### Data extract
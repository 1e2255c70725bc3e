-- ===== src/Worker/Bound.antt =====
-- How many messages a pass of the worker sends.
use chc_rental.Base.{
  ℕ, suc, ◌+◌, ◌≤◌, ◌≡◌, refl, Bool, true, false, Option, none, some, List, [], ◌∷◌, arith,
  Option-cases, inl, inr, is_none, length, length-append, if◌then◌else◌, if-keeps,
}
use chc_rental.Base.Table.{rows_where}
use chc_rental.Base.Raise.{Result, ok, err}
use chc_rental.Models.{Settings}
use chc_rental.Ledger.{Ledger, OutboxRow, pending}
use chc_rental.Ledger.Outbox.{claim_due_outbox, outbox_records}
use chc_rental.Worker.{
  World, WorkerConfig, Work, Eligibility, global_gate, eligibility, targets, cancel_row_of,
  deliver_claimed, unless_raised,
}
use chc_rental.Worker.Due.{
  claimed_turn, turn, go_on, turns, is_asked, cancel_if_permanent, cancel_invalid, recover,
  deliver_targets, if_read, deliver_to, due_under, deliver_due,
}
use chc_rental.Worker.Sends.{SendsOnly, deliver_claimed-sends}

-- At most `n` messages were given to the sender between the two.
abbrev pub SendsUpTo : ℕ → Work → Work → Type 0
SendsUpTo n k k' = length k'.sends ≤ length k.sends + n

one_send :
    (row : OutboxRow) (now : ℕ) (w : World) (k k' : Work)
    → SendsOnly row now w k k'
    → SendsUpTo 1 k k'
one_send row now w k k' (inl same) = rw same (omega arith)
one_send row now w k k' (inr (more, may, awake)) =
    rw more (omega (arith, length-append k.sends ((row.telegram_id, row.message_text) ∷ [])))

go_on-sends :
    (n : ℕ) (t : Bool × Result (Unit {0}) × Work) (rest : Work → Result (Unit {0}) × Work)
    (k : Work)
    → SendsUpTo 1 k t.2
    → ((k' : Work) → SendsUpTo n k' (rest k').1)
    → SendsUpTo (suc n) k (go_on t rest).1
go_on-sends n (false, r, k') rest k h more = omega arith
go_on-sends n (true, err e, k') rest k h more = omega arith
go_on-sends n (true, ok u, k') rest k h more = let m = more k' in omega arith

module _ (c : WorkerConfig) (now : ℕ) (ids : List ℕ) (selected : Option ℕ) where
  claimed_turn-sends :
      (w : World) (k : Work) (p : Option OutboxRow × Ledger)
      → SendsUpTo 1 k (claimed_turn c now w p k).2
  unfolding claimed_turn
  claimed_turn-sends w k (none, l) = omega arith
  claimed_turn-sends w k (some row, l) =
      let k' = record k { ledger = l } in
      one_send row now w k' (deliver_claimed c row now w k').1
        (deliver_claimed-sends c row now w k')

  turns-sends :
      (worlds : List World) (k : Work)
      → SendsUpTo (length worlds) k (turns c now ids selected worlds k).1
  unfolding turns turn
  turns-sends [] k = omega arith
  turns-sends (w ∷ worlds) k =
      go_on-sends (length worlds) (turn c now ids selected w k) (turns c now ids selected worlds) k
        (claimed_turn-sends w k (claim_due_outbox now ids selected k.ledger)) (turns-sends worlds)

cancel_if-sends :
    (row : OutboxRow) (r : Result Eligibility) (k : Work)
    → (cancel_if_permanent row r k).1.sends ≡ k.sends
unfolding cancel_if_permanent cancel_row_of
cancel_if-sends row (err e) k = refl
cancel_if-sends row (ok e) k =
    if-keeps (λ (x : Result (Unit {0}) × Work). x.1.sends ≡ k.sends) e.permanent _ _ refl refl

unless_raised-sends :
    (n : ℕ) (t : Result (Unit {0}) × Work) (rest : Work → Result (Unit {0}) × Work) (k : Work)
    → SendsUpTo 0 k t.1
    → ((k' : Work) → SendsUpTo n k' (rest k').1)
    → SendsUpTo n k (unless_raised t rest).1
unless_raised-sends n (err e, k') rest k h more = omega arith
unless_raised-sends n (ok u, k') rest k h more = let after = more k' in omega arith

same-sends : (k k' : Work) → k'.sends ≡ k.sends → SendsUpTo 0 k k'
same-sends k k' same = rw same (omega arith)

cancel_invalid-sends :
    (s : Settings) (before : OutboxRow → World) (rows : List OutboxRow) (k : Work)
    → SendsUpTo 0 k (cancel_invalid s before rows k).1
unfolding cancel_invalid
cancel_invalid-sends s before [] k = omega arith
cancel_invalid-sends s before (row ∷ rows) k =
    unless_raised-sends 0 (cancel_if_permanent row (eligibility row s (before row) k.ledger) k)
      (cancel_invalid s before rows) k
      (same-sends k (cancel_if_permanent row (eligibility row s (before row) k.ledger) k).1
        (cancel_if-sends row (eligibility row s (before row) k.ledger) k))
      (cancel_invalid-sends s before rows)

module _ (c : WorkerConfig) (now stale_before : ℕ) (selected : Option ℕ) where
  targets-sends :
      (ids : List ℕ) (s : Settings) (before : OutboxRow → World) (worlds : List World) (k : Work)
      → SendsUpTo
          (length worlds)
          k
          (deliver_targets c now stale_before ids selected s before worlds k).1
  unfolding deliver_targets recover
  targets-sends ids s before worlds k =
      let k₁ = recover now stale_before ids k in
      let rows = rows_where (is_asked now ids selected) (outbox_records (some pending) k₁.ledger) in
      unless_raised-sends (length worlds) (cancel_invalid s before rows k₁)
        (turns c now ids selected worlds) k (cancel_invalid-sends s before rows k₁)
        (turns-sends c now ids selected worlds)

  if_read-sends : (r : Result Settings) (k : Work) → SendsUpTo 0 k (if_read r k).1
  if_read-sends (ok s) k = omega arith
  if_read-sends (err e) k = omega arith

  -- How many messages a pass may send under the settings `s`.
  abbrev room : Settings → List World → ℕ
  room s worlds = if is_none (global_gate s) then length worlds else 0

  to-sends :
      (s : Settings) (w : World) (before : OutboxRow → World) (worlds : List World)
      (r : Result (List ℕ)) (k : Work)
      → SendsUpTo (room s worlds) k (deliver_to c now stale_before selected s w before worlds r k).1
  unfolding deliver_to
  to-sends s w before worlds (err e) k = omega arith
  to-sends s w before worlds (ok ids) k = elim (Option-cases (global_gate s)) [
    | inr (gate, e) ↦ rw (e, deliver_to) (omega arith)
    | inl e ↦
        rw (e, deliver_to)
          (unless_raised-sends (length worlds) (if_read w.settings_later k)
            (deliver_targets c now stale_before ids selected s before worlds) k
            (if_read-sends w.settings_later k) (targets-sends ids s before worlds))
  ]

-- How many messages a pass may send by its reading of the settings: none if that raises, and none
-- while the global gate is closed.
abbrev pub allowance : Result Settings → List World → ℕ
allowance (err e) worlds = 0
allowance (ok s) worlds = if is_none (global_gate s) then length worlds else 0

under-sends :
    (c : WorkerConfig) (now stale_before : ℕ) (requested : Option (List ℕ)) (selected : Option ℕ)
    (w : World) (before : OutboxRow → World) (worlds : List World) (r : Result Settings) (k : Work)
    → SendsUpTo
        (allowance r worlds)
        k
        (due_under c now stale_before requested selected w before worlds r k).1
unfolding due_under
under-sends c now stale_before requested selected w before worlds (err e) k = omega arith
under-sends c now stale_before requested selected w before worlds (ok s) k =
    to-sends c now stale_before selected s w before worlds (targets s requested) k

-- A pass of the worker, whether it returns or raises, gives the sender no more messages than it may
-- have turns (`max_messages`), and none while the global gate is closed or if the settings cannot be
-- read.
pub deliver_due-sends :
    (c : WorkerConfig) (now stale_before : ℕ) (requested : Option (List ℕ)) (selected : Option ℕ)
    (w : World) (before : OutboxRow → World) (worlds : List World) (k : Work)
    → SendsUpTo
        (allowance w.settings worlds)
        k
        (deliver_due c now stale_before requested selected w before worlds k).1
unfolding deliver_due
deliver_due-sends c now stale_before requested selected w before worlds k =
    under-sends c now stale_before requested selected w before worlds w.settings k
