-- ===== src/Worker/Reached.antt =====
-- When a message goes out: the gates of `_eligibility` and of `_deliver_claimed` hold nothing else back.
use chc_rental.Base.{ℕ, [], ◌∷◌, ◌++◌, ◌≡◌, refl, true, false, none, arith, ltb}
use chc_rental.Base.Raise.{ok}
use chc_rental.Models.{Settings}
use chc_rental.Ledger.{Ledger, OutboxRow}
use chc_rental.Worker.{
  World, WorkerConfig, Work, Eligibility, global_gate, seen_eligibility, listing_eligibility,
  person_eligibility, allowlist_eligibility, eligibility, transport, deliver_person,
  deliver_allowed, deliver_eligible, deliver_judged, deliver_under, deliver_claimed,
}
use chc_rental.Worker.Passes.{MayReceive}
use chc_rental.Worker.Sends.{IsAwake, same_outcome}

gates_closed :
    (s : Settings)
    → s.live_push_enabled ≡ true
    → s.incremental_alerts_enabled ≡ true
    → s.zillow_enabled ≡ true
    → global_gate s ≡ none
unfolding global_gate
gates_closed s live incremental zillow = rw (live, incremental, zillow) refl

-- What `_eligibility` returns for a row that may go out.
abbrev through : Eligibility
through = record { eligible = true; permanent = false; reason = "eligible" }

eligibility-through :
    (row : OutboxRow) (s : Settings) (w : World) (l : Ledger)
    → MayReceive row s w l
    → eligibility row s w l ≡ ok through
unfolding eligibility allowlist_eligibility person_eligibility listing_eligibility seen_eligibility
eligibility-through row s w l m =
    rw
      (
        eligibility,
        gates_closed s m.live_push m.incremental m.zillow,
        m.canary,
        m.allowlist_read,
        allowlist_eligibility,
        m.found,
        person_eligibility,
        m.allowlisted,
        m.immediate,
        m.context,
        m.matches,
        m.seen_read,
        seen_eligibility,
        m.unseen,
      )
      refl

awake-sends :
    (c : WorkerConfig) (row : OutboxRow) (now : ℕ) (w : World) (k : Work)
    → IsAwake row now w w.allowlist_later
    → (deliver_allowed c row now w w.allowlist_later k).1.sends
      ≡ k.sends ++ (row.telegram_id, row.message_text) ∷ []
unfolding deliver_allowed deliver_person transport
awake-sends c row now w k (a, read, there) =
    let (person, found, awake) = there in
    let not_quiet : ltb now (w.not_before person.profile now) ≡ false = ground arith in
    rw (read, deliver_allowed, found, deliver_person, not_quiet)
      (same_outcome row now c (w.send row.telegram_id row.message_text) _)

-- The message of a claimed row is given to the sender if the settings could be read, every gate is
-- open by readings that returned, and the recipient is not in quiet hours by the second reading.
pub deliver_claimed-reaches :
    (c : WorkerConfig) (row : OutboxRow) (now : ℕ) (w : World) (k : Work) (s : Settings)
    → w.settings ≡ ok s
    → MayReceive row s w k.ledger
    → IsAwake row now w w.allowlist_later
    → (deliver_claimed c row now w k).1.sends ≡ k.sends ++ (row.telegram_id, row.message_text) ∷ []
unfolding deliver_claimed deliver_under deliver_judged deliver_eligible
deliver_claimed-reaches c row now w k s read may awake =
    rw (deliver_claimed, read, deliver_under, eligibility-through row s w k.ledger may)
      (awake-sends c row now w k awake)
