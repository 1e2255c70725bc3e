-- ===== src/Worker/Reads.antt =====
-- The readings of the store that `_eligibility` and `_deliver_claimed` make, when one of them raises.
use chc_rental.Base.{
  String, List, ◌≡◌, refl, Bool, true, false, not, Option, none, some, Option-cases, inl, inr,
  if◌then◌else◌,
}
use chc_rental.Base.Raise.{Error, Result, ok, err}
use chc_rental.Models.{get, is_allowlisted, Allowlist, AllowlistEntry, Profile, Listing, Settings}
use chc_rental.Ledger.{Ledger, OutboxRow}
use chc_rental.Ledger.Outbox.{contains, outbox_listing}
use chc_rental.Worker.{
  World, Eligibility, global_gate, still_matches, listed, is_immediate, seen_eligibility,
  listing_eligibility, listing_or_invalid, person_eligibility, allowlist_eligibility, eligibility,
  permanent_,
}

-- While the row is delivered, one of the readings raises this exception: that of the settings, of the
-- allowlist, of the seen keys of the recipient, or the second one of the allowlist.
pub data RowFails (row : OutboxRow) (w : World) (e : Error) : Type 0 where
  settings_fail : w.settings ≡ err e → RowFails row w e
  allowlist_fails : w.allowlist ≡ err e → RowFails row w e
  active_seen_fails : w.active_seen row.telegram_id ≡ err e → RowFails row w e
  allowlist_later_fails : w.allowlist_later ≡ err e → RowFails row w e

raises_else :
    (c : Bool) (e : Eligibility) (r : Result Eligibility) (x : Error)
    → (if not c then ok e else r) ≡ err x
    → r ≡ err x
raises_else true e r x h = h
raises_else false e r x h = cc

module _ (row : OutboxRow) (w : World) (x : Error) where
  seen_raises : (r : Result (List String)) → seen_eligibility row r ≡ err x → r ≡ err x
  unfolding seen_eligibility
  seen_raises (err e) h = cc
  seen_raises (ok seen) h = elim_listed (listed row.identity_key seen) h
    where
      elim_listed :
          (b : Bool)
          → (if b
              then ok (permanent_ "listing was already sent by the daily path")
              else ok (record { eligible = true; permanent = false; reason = "eligible" }))
            ≡ err x
          → ok seen ≡ err x
      elim_listed true h' = cc
      elim_listed false h' = cc

  listing_raises :
      (p : Profile) (l : Listing)
      → listing_eligibility row w p l ≡ err x
      → w.active_seen row.telegram_id ≡ err x
  unfolding listing_eligibility
  listing_raises p l h =
      seen_raises (w.active_seen row.telegram_id)
        (raises_else (still_matches l row.matching_search_ids p) _ _ x h)

  context_raises :
      (p : Profile) (r : Result Listing)
      → listing_or_invalid row w p r ≡ err x
      → w.active_seen row.telegram_id ≡ err x
  context_raises p (ok l) h = listing_raises p l h
  context_raises p (err e) h = cc

  person_raises :
      (l : Ledger) (a : Allowlist) (o : Option AllowlistEntry)
      → person_eligibility row w l a o ≡ err x
      → w.active_seen row.telegram_id ≡ err x
  unfolding person_eligibility
  person_raises l a none h = cc
  person_raises l a (some person) h =
      context_raises person.profile (outbox_listing row.outbox_id l) (
        raises_else (is_immediate person.profile.delivery_mode) _ _ x
          (raises_else (is_allowlisted a row.telegram_id) _ _ x h))

  allowlist_raises :
      (l : Ledger) (r : Result Allowlist)
      → w.allowlist ≡ r
      → allowlist_eligibility row w l r ≡ err x
      → RowFails row w x
  unfolding allowlist_eligibility
  allowlist_raises l (err e) same h = allowlist_fails cc
  allowlist_raises l (ok a) same h = active_seen_fails (person_raises l a (get a row.telegram_id) h)

  -- What `_eligibility` raises was raised by one of its readings.
  pub eligibility-RowFails :
      (s : Settings) (l : Ledger) → eligibility row s w l ≡ err x → RowFails row w x
  unfolding eligibility
  eligibility-RowFails s l h = elim (Option-cases (global_gate s)) [
    | inr (gate, e) ↦ let bad = rw (eligibility, e) at h in cc
    | inl e ↦ allowlist_raises l w.allowlist refl (
        raises_else (contains s.incremental_canary_telegram_ids row.telegram_id) _ _ x
          (rw (eligibility, e) at h))
  ]
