-- ===== src/FileLogger/Meta.antt =====
-- The metadata of the log files, their list and their removal (FileLogger.cpp: the meta functions, the
-- getters and setters of room and upload server, files and remove). The parser and the printer of
-- JSON are parameters; a value that the code does not read is kept as its text.
pub mod Groups
pub mod Kept
use bff_rtc_base.Base.{
  Bool, true, false, not, ◌||◌, List, [], ◌∷◌, Option, none, some, Bytes, codes, if◌then◌else◌,
  is_empty, ◌==◌, bytes_eq, ℤ, leb_ℤ, lookup, insert_or_assign, erase_key,
}
use bff_rtc_base.FileLogger.{Logger, meta_file_name}

pub data MetaEntry : Type 0 where
  text : Bytes → MetaEntry
  other : Bytes → MetaEntry

pub data MetaGroup : Type 0 where
  entries : List (Bytes × MetaEntry) → MetaGroup
  other : Bytes → MetaGroup

abbrev pub MetaDocument : Type 0
MetaDocument = List (Bytes × MetaGroup)

pub data LogGroup : Type 0 where
  log_servers log_rooms : LogGroup

abbrev pub group_key : LogGroup → Bytes
group_key LogGroup.log_servers = codes "log_servers"
group_key LogGroup.log_rooms = codes "log_rooms"

abbrev pub is_object : Option MetaGroup → Bool
is_object (some (MetaGroup.entries m)) = true
is_object _ = false

unfoldable pub with_group : LogGroup → MetaDocument → MetaDocument
with_group g j =
    if is_object (lookup (group_key g) j)
    then j
    else insert_or_assign (group_key g) (MetaGroup.entries []) j

abbrev pub entries_of : Option MetaGroup → List (Bytes × MetaEntry)
entries_of (some (MetaGroup.entries m)) = m
entries_of _ = []

abbrev pub text_of : Option MetaEntry → Bytes
text_of (some (MetaEntry.text value)) = value
text_of _ = []

-- `j[group].find(name)`, empty where it is not text.
abbrev pub entry_text : LogGroup → Bytes → MetaDocument → Bytes
entry_text g name j = text_of (lookup name (entries_of (lookup (group_key g) j)))

abbrev assign_in_group : Option MetaGroup → Bytes → Bytes → Bytes → MetaDocument → MetaDocument
assign_in_group none group name value j =
    insert_or_assign group (MetaGroup.entries ((name, MetaEntry.text value) ∷ [])) j
assign_in_group (some (MetaGroup.entries m)) group name value j =
    insert_or_assign group (MetaGroup.entries (insert_or_assign name (MetaEntry.text value) m)) j
assign_in_group (some (MetaGroup.other raw)) group name value j = j

-- `j[group][name] = value`; a group that is no object does not come, since `load_meta` replaces it.
unfoldable pub assign_entry : LogGroup → Bytes → Bytes → MetaDocument → MetaDocument
assign_entry g name value j = assign_in_group (lookup (group_key g) j) (group_key g) name value j

abbrev erase_in_group : Option MetaGroup → Bytes → Bytes → MetaDocument → MetaDocument
erase_in_group (some (MetaGroup.entries m)) group name j =
    insert_or_assign group (MetaGroup.entries (erase_key name m)) j
erase_in_group _ group name j = j

unfoldable pub erase_entry : LogGroup → Bytes → MetaDocument → MetaDocument
erase_entry g name j = erase_in_group (lookup (group_key g) j) (group_key g) name j

abbrev pub text_or_empty : Option Bytes → Bytes
text_or_empty none = []
text_or_empty (some raw) = raw

-- A regular entry of the directory, or not; its age in seconds where it can be read.
pub record DirEntry : Type 0 where
  pub path : Bytes
  pub filename : Bytes
  pub extension : Bytes
  pub is_regular_file : Bool
  pub age : Option ℤ

-- What is listed, and what has expired.
abbrev sort_entry :
    Option ℤ → ℤ → DirEntry → List DirEntry × List DirEntry → List DirEntry × List DirEntry
sort_entry none retention e (paths, expired) = (paths, expired)
sort_entry (some age) retention e (paths, expired) =
    if leb_ℤ age retention then (e ∷ paths, expired) else (paths, e ∷ expired)

abbrev pub is_log : DirEntry → Bool
is_log e =
    if not e.is_regular_file || e.filename == meta_file_name
    then false
    else e.extension == codes ".log"

unfoldable pub sort_entries : ℤ → List DirEntry → List DirEntry × List DirEntry
sort_entries retention [] = ([], [])
sort_entries retention (e ∷ listed) =
    let rest = sort_entries retention listed in
    if is_log e then sort_entry e.age retention e rest else rest

abbrev pub normal : Option MetaDocument → MetaDocument
normal none = []
normal (some j) = with_group LogGroup.log_rooms (with_group LogGroup.log_servers j)

module _ (parse : Bytes → Option MetaDocument) (dump : MetaDocument → Bytes) where
  -- `LoadMetaLocked`
  unfoldable pub load_meta : Logger → MetaDocument
  load_meta s =
      let raw = text_or_empty (lookup s.meta_path s.meta_files) in
      if is_empty s.meta_path || is_empty raw then [] else normal (parse raw)

  -- `SaveMetaLocked`; `opens` tells that the file can be opened.
  unfoldable pub save_meta : (opens : Bool) → MetaDocument → Logger → Logger
  save_meta opens j s =
      if is_empty s.meta_path || not opens
      then s
      else record s { meta_files = insert_or_assign s.meta_path (dump j) s.meta_files }

  -- `MetaGetLocked`
  unfoldable pub meta_get : LogGroup → Bytes → Logger → Bytes
  unfolding load_meta
  meta_get g name s = if is_empty name then [] else entry_text g name (load_meta s)

  -- `MetaSetCurrentLocked`
  unfoldable pub meta_set_current : (opens : Bool) → LogGroup → Bytes → Logger → Logger
  unfolding load_meta save_meta assign_entry
  meta_set_current opens g value s =
      if is_empty s.log_name || is_empty value
      then s
      else save_meta opens (assign_entry g s.log_name value (load_meta s)) s

  -- `MetaRemoveLocked`
  unfoldable pub meta_remove : (opens : Bool) → Bytes → Logger → Logger
  unfolding load_meta save_meta erase_entry
  meta_remove opens name s =
      if is_empty name
      then s
      else save_meta opens
          (erase_entry LogGroup.log_rooms name
            (erase_entry LogGroup.log_servers name (load_meta s)))
          s

  -- `remove`, with the name of the file at the path; it tells whether the path is taken from the disk.
  unfoldable pub remove_log : (opens : Bool) → (path filename : Bytes) → Logger → Logger × Bool
  unfolding meta_remove
  remove_log opens path filename s =
      if is_empty path then (s, false) else (meta_remove opens filename s, true)

  unfoldable pub remove_all : (opens : Bool) → List DirEntry → Logger → Logger
  unfolding remove_log
  remove_all opens [] s = s
  remove_all opens (e ∷ expired) s =
      remove_all opens expired (remove_log opens e.path e.filename s).0

  -- `files`: the entries of the directory come as it lists them.
  unfoldable pub files : (opens : Bool) → List DirEntry → Logger → Logger × List DirEntry
  unfolding sort_entries remove_all
  files opens listed s =
      let sorted = sort_entries s.retention_seconds listed in
      if is_empty s.log_dir then (s, []) else (remove_all opens sorted.1 s, sorted.0)

  abbrev set_upload_server : (opens : Bool) → Bytes → Logger → Logger
  set_upload_server opens server s = meta_set_current opens LogGroup.log_servers server s

  abbrev get_upload_server : Bytes → Logger → Bytes
  get_upload_server name s = meta_get LogGroup.log_servers name s

  abbrev pub set_room : (opens : Bool) → Bytes → Logger → Logger
  set_room opens room s = meta_set_current opens LogGroup.log_rooms room s

  abbrev pub get_room : Bytes → Logger → Bytes
  get_room name s = meta_get LogGroup.log_rooms name s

### Description of the task
Scan the entries for the string "append" and report only how many lines contain it.

### Answer box
2